Background/Aims: Phytoestrogens are known to prevent tumor progression by inhibiting proliferation and inducing apoptosis in cancer cells. Formononetin is one of the main components of red clover plants, and is considered as a typical phytoestrogen. This study investigates formononetin induction of apoptosis of human osteosarcoma cell line U2OS by regulating Bcl-2 and Bax expression in vitro and in vivo. Methods : U2OS cells were treated with different concentrations of formononetin and the proliferation of the cells was measured using an MTT assay. Cell apoptosis was examined by flow cytometry. The levels of miR-375, Bax and Bcl-2 protein expression in treated cells were determined by Western blot and RT-PCR. The antitumor activity of formononetin was also evaluated in vivo in nude mice bearing orthotopic tumor implants. Results: High concentrations of formononetin significantly suppress the proliferation of U2OS cells and induce cell apoptosis. Moreover, compared to control group the expression of Bcl-2 and miR-375 decreases with formononetin in the U2OS cells, while Bax increases. Conclusion: Formononetin has inhibitory effects on the proliferation of U2SO cells, both in vitro and in vivo. This antitumor effect is directly correlated with formononetin concentration.

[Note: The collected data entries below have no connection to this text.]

-- ===== src/Tools/Validator/Names.antt =====
-- The names that `ValidateCall` knows.
use animus_coder.Base.{
  ◌≡◌, inl, inr, true, none, some, arith, Bool-cases, Text, codes, text_eq, text_eq_iff,
}
use animus_coder.Tools.Value.{Args}
use animus_coder.Tools.Schema.{ToolRegistry}
use animus_coder.Tools.Validator.{check_tool, validate_call}
use animus_coder.Tools.Validator.Allowed.{
  Tool, read_file, write_file, search_text, execute, apply_patch, git_status, restore_backup,
  list_backups, preview_backup, search_meaning, name_of,
}

found :
    (name : Text) (tool : Tool)
    → text_eq name (name_of tool) ≡ true
    → (tool : Tool) × (name ≡ name_of tool)
found name tool e = (tool, (text_eq_iff name (name_of tool)).0 e)

-- A call that `validate_call` accepts has the name of one of the ten tools.
pub validate_call-known :
    (reg : ToolRegistry) (name : Text) (args : Args)
    → validate_call (some reg) name args ≡ none
    → (tool : Tool) × (name ≡ name_of tool)
unfolding validate_call check_tool
validate_call-known reg name args h = elim (Bool-cases (text_eq name (codes "fs.read_file"))) [
  | inl e ↦ found name read_file e
  | inr e0 ↦ elim (Bool-cases (text_eq name (codes "fs.write_file"))) [
    | inl e ↦ found name write_file e
    | inr e1 ↦ elim (Bool-cases (text_eq name (codes "fs.search"))) [
      | inl e ↦ found name search_text e
      | inr e2 ↦ elim (Bool-cases (text_eq name (codes "terminal.exec"))) [
        | inl e ↦ found name execute e
        | inr e3 ↦ elim (Bool-cases (text_eq name (codes "git.apply_patch"))) [
          | inl e ↦ found name apply_patch e
          | inr e4 ↦ elim (Bool-cases (text_eq name (codes "git.status"))) [
            | inl e ↦ found name git_status e
            | inr e5 ↦ elim (Bool-cases (text_eq name (codes "git.restore_backup"))) [
              | inl e ↦ found name restore_backup e
              | inr e6 ↦ elim (Bool-cases (text_eq name (codes "git.list_backups"))) [
                | inl e ↦ found name list_backups e
                | inr e7 ↦ elim (Bool-cases (text_eq name (codes "git.preview_backup"))) [
                  | inl e ↦ found name preview_backup e
                  | inr e8 ↦ elim (Bool-cases (text_eq name (codes "semantic.search"))) [
                    | inl e ↦ found name search_meaning e
                    | inr e9 ↦ absurd (ground arith)
                  ]
                ]
              ]
            ]
          ]
        ]
      ]
    ]
  ]
]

Osteosarcoma, the most common non-hematologic primary malignant neoplasm of the bone, is characterized by the development of bone or osteoid substance by the tumor cells . The disease is mainly found in young patients between 10 and 25 years old, and it is one of the most frequent causes of cancer-related deaths in childhood . The 5-year survival rate for patients with non-metastatic OS is 70% after surgery-based adjuvant chemotherapy .

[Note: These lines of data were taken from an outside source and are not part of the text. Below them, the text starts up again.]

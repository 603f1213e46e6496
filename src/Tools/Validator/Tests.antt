-- ===== src/Tools/Validator/Tests.antt =====
-- Checks of `ValidateCall` at a concrete call.
use animus_coder.Base.{◌≡◌, refl, ◌↔◌, true, none, some, [], ◌∷◌, is_some, codes, text_eq, lookup}
use animus_coder.Tools.Value.{boolean, string, Args}
use animus_coder.Tools.Schema.{ToolRegistry}
use animus_coder.Tools.Validator.{validate_call}
use animus_coder.Tools.Validator.Allowed.{Tool, apply_patch, name_of, Allowed}
use animus_coder.Tools.Validator.Complete.{validate_call_iff}
use animus_coder.Tools.Validator.Names.{validate_call-known}

-- A registry with nothing but a git tool for dry runs.
abbrev git_only : ToolRegistry
git_only = record {
  fs = none;
  terminal = none;
  git = some (record {
    working_dir = [];
    allow_exec = true;
    dry_run_only = true;
    backup_dir = [];
    stack = none;
  });
  semantic = none;
}

abbrev dry : Args
dry = (codes "patch", string (codes "x")) ∷ (codes "dry_run", boolean true) ∷ []

-- The same without the flag is refused.
abbrev wet : Args
wet = (codes "patch", string (codes "x")) ∷ []

dry_accepted : validate_call (some git_only) (name_of apply_patch) dry ≡ none
unfolding validate_call animus_coder.Tools.Validator.validate_schema
    animus_coder.Tools.Schema.schema animus_coder.Tools.Schema.schema_named
    animus_coder.Tools.Schema.schemas text_eq animus_coder.Tools.Validator.validate_fields
    animus_coder.Tools.Validator.check_field lookup animus_coder.Tools.Validator.fits_kind
    animus_coder.Tools.Validator.check_tool
dry_accepted = refl

wet_refused : is_some (validate_call (some git_only) (name_of apply_patch) wet) ≡ true
unfolding validate_call animus_coder.Tools.Validator.validate_schema
    animus_coder.Tools.Schema.schema animus_coder.Tools.Schema.schema_named
    animus_coder.Tools.Schema.schemas text_eq animus_coder.Tools.Validator.validate_fields
    animus_coder.Tools.Validator.check_field lookup animus_coder.Tools.Validator.fits_kind
    animus_coder.Tools.Validator.check_tool
wet_refused = refl

validate_call_iff_example :
    (validate_call (some git_only) (name_of apply_patch) dry ≡ none)
    ↔ Allowed apply_patch git_only dry
validate_call_iff_example = validate_call_iff apply_patch git_only dry

known_call : (tool : Tool) × (codes "git.apply_patch" ≡ name_of tool)
known_call = validate_call-known git_only (codes "git.apply_patch") dry dry_accepted
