-- ===== src/Aodv/Invariant/Discoveries.antt =====
-- Route discovery.
use aqua_sim_ng.Address.{address_key}
use aqua_sim_ng.Aodv.Data.{send_queued_packets}
use aqua_sim_ng.Aodv.Discovery.{
  end_discovery, next_hop_limit, route_request_timeout, send_rreq, start_route_discovery,
  touch_attempts,
}
use aqua_sim_ng.Aodv.Discovery.HopLimit.{net_bound-le, next_hop_limit-le}
use aqua_sim_ng.Aodv.Header.{set_unknown_dest_seq_no}
use aqua_sim_ng.Aodv.Invariant.{Inv, IsAttempt, IsSent, with_attempts, with_effect, with_limits}
use aqua_sim_ng.Aodv.Invariant.Sends.{drop_queued_packets-Inv, send_queued_packets-Inv}
use aqua_sim_ng.Aodv.State.{Config, Env, Node, inc32}
use aqua_sim_ng.Aodv.Table.{has_valid_route}
use aqua_sim_ng.Prelude.{
  Bool-cases, Option-cases, ap, arith, get_or, inl, inr, ltb, not, refl, true, ℕ, ◌==◌, ◌||◌, ◌≡◌,
  ◌≤◌,
}
use aqua_sim_ng.Prelude.Cases.{if_both}
use aqua_sim_ng.Prelude.KeySet.{contains, include}
use aqua_sim_ng.Prelude.Map.{All-erase, All-find, All-insert, find, find-insert_self, insert}

module _ (o : Node) where
  -- The number of requests that were made, as `operator[]` reads it.
  rreq_attempts-IsAttempt :
      (d : ℕ) (n : Node) → Inv o n → IsAttempt o (d, get_or (find d n.rreq_attempts) 0)
  rreq_attempts-IsAttempt d n i = elim (Option-cases (find d n.rreq_attempts)) [
    | inl e ↦ rw e (inl (omega arith))
    | inr (a, e) ↦ rw e (All-find (IsAttempt o) d a n.rreq_attempts i.attempts_good e)
  ]

  next_hop_limit-bound : (d a : ℕ) (n : Node) → Inv o n → next_hop_limit d a n ≤ o.max_hop_count
  next_hop_limit-bound d a n i =
      omega (arith, next_hop_limit-le d a n, net_bound-le n, ap Config.max_hop_count i.config_same)

  -- SendRreq after fewer requests than are allowed.
  pub send_rreq-Inv :
      (env : Env) (d : ℕ) (n : Node)
      → IsAttempt o (d, inc32 (get_or (find d n.rreq_attempts) 0))
      → Inv o n
      → Inv o (send_rreq env d n)
  unfolding send_rreq IsSent set_unknown_dest_seq_no
  send_rreq-Inv env d n h i =
      let a = inc32 (get_or (find d n.rreq_attempts) 0) in
      let l = next_hop_limit d a n in
      let counted =
        with_attempts i _ (All-insert (IsAttempt o) d a n.rreq_attempts h i.attempts_good) in
      let limited = with_limits counted _ (
        All-insert (λ x. x.1 ≤ o.max_hop_count) d l n.rreq_hop_limits (next_hop_limit-bound d a n i)
          i.limits_good) in
      with_effect (with_effect limited _ (i.address_same, refl, ground arith)) _ tt

  pub start_route_discovery-Inv :
      (env : Env) (d : ℕ) (n : Node) → Inv o n → Inv o (start_route_discovery env d n)
  unfolding start_route_discovery
  start_route_discovery-Inv env d n i =
      let m = record n {
        active_discoveries = include d n.active_discoveries;
        rreq_attempts = insert d 0 n.rreq_attempts;
      } in
      send_rreq-Inv env d m (rw (find-insert_self d 0 n.rreq_attempts) (inl (omega arith))) (
        with_attempts i _
          (All-insert (IsAttempt o) d 0 n.rreq_attempts (inl (omega arith)) i.attempts_good))

  pub end_discovery-Inv : (d : ℕ) (n : Node) → Inv o n → Inv o (end_discovery d n)
  end_discovery-Inv d n i =
      with_limits (with_attempts i _ (All-erase (IsAttempt o) d n.rreq_attempts i.attempts_good)) _
        (All-erase (λ x. x.1 ≤ o.max_hop_count) d n.rreq_hop_limits i.limits_good)

  touch_attempts-Inv : (d : ℕ) (n : Node) → Inv o n → Inv o (touch_attempts d n)
  touch_attempts-Inv d n i =
      with_attempts i _ (
        All-insert (IsAttempt o) d _ n.rreq_attempts (rreq_attempts-IsAttempt d n i)
          i.attempts_good)

  -- A retry counts one more than before.
  retry-IsAttempt :
      (d attempt : ℕ) (n : Node)
      → Inv o n
      → (get_or (find d n.rreq_attempts) 0 == attempt) ≡ true
      → ltb attempt n.max_rreq_attempts ≡ true
      → IsAttempt o (d, inc32 (get_or (find d (touch_attempts d n).rreq_attempts) 0))
  retry-IsAttempt d attempt n i same fewer =
      rw find-insert_self (inr (ground (arith, ap Config.max_rreq_attempts i.config_same)))

  pub route_request_timeout-Inv :
      (env : Env) (d attempt : ℕ) (n : Node)
      → Inv o n
      → Inv o (route_request_timeout env d attempt n)
  unfolding route_request_timeout
  route_request_timeout-Inv env d attempt n i =
      let m = touch_attempts d n in
      let j = touch_attempts-Inv d n i in
      if_both (Inv o) (not (contains d n.active_discoveries) || has_valid_route env.now d n)
        (send_queued_packets env d n) _ (send_queued_packets-Inv o env d n i)
        (elim (Bool-cases (get_or (find d n.rreq_attempts) 0 == attempt)) [
          | inr e ↦ rw e (send_queued_packets-Inv o env d m j)
          | inl e ↦ rw e (elim (Bool-cases (ltb attempt n.max_rreq_attempts)) [
            | inl f ↦ rw f (send_rreq-Inv env d m (retry-IsAttempt d attempt n i e f) j)
            | inr f ↦
                rw f (drop_queued_packets-Inv o d (end_discovery d m) (end_discovery-Inv d m j))
          ])
        ])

Phytoestrogens, sometimes called dietary estrogens, are a diverse group of naturally occurring non-steroidal plant compounds that have been proposed as the natural alternatives to estrogen. They are divided into four main classes: isoflavones, stilbenes, lignans and coumestans. Both 5, 7-dihydroxy-4′-methoxyisoflavones and formononetin are isoflavones.
Plant-derived phytoestrogens display estrogenic properties due to the similar molecular structures between phytoestrogens and estrogens binding to the estrogen receptor (ER) . There is also evidence to suggest that osteosarcoma is an ER-positive cancer and that phytoestrogens can mediate estrogen-like effects in human osteosarcoma cells .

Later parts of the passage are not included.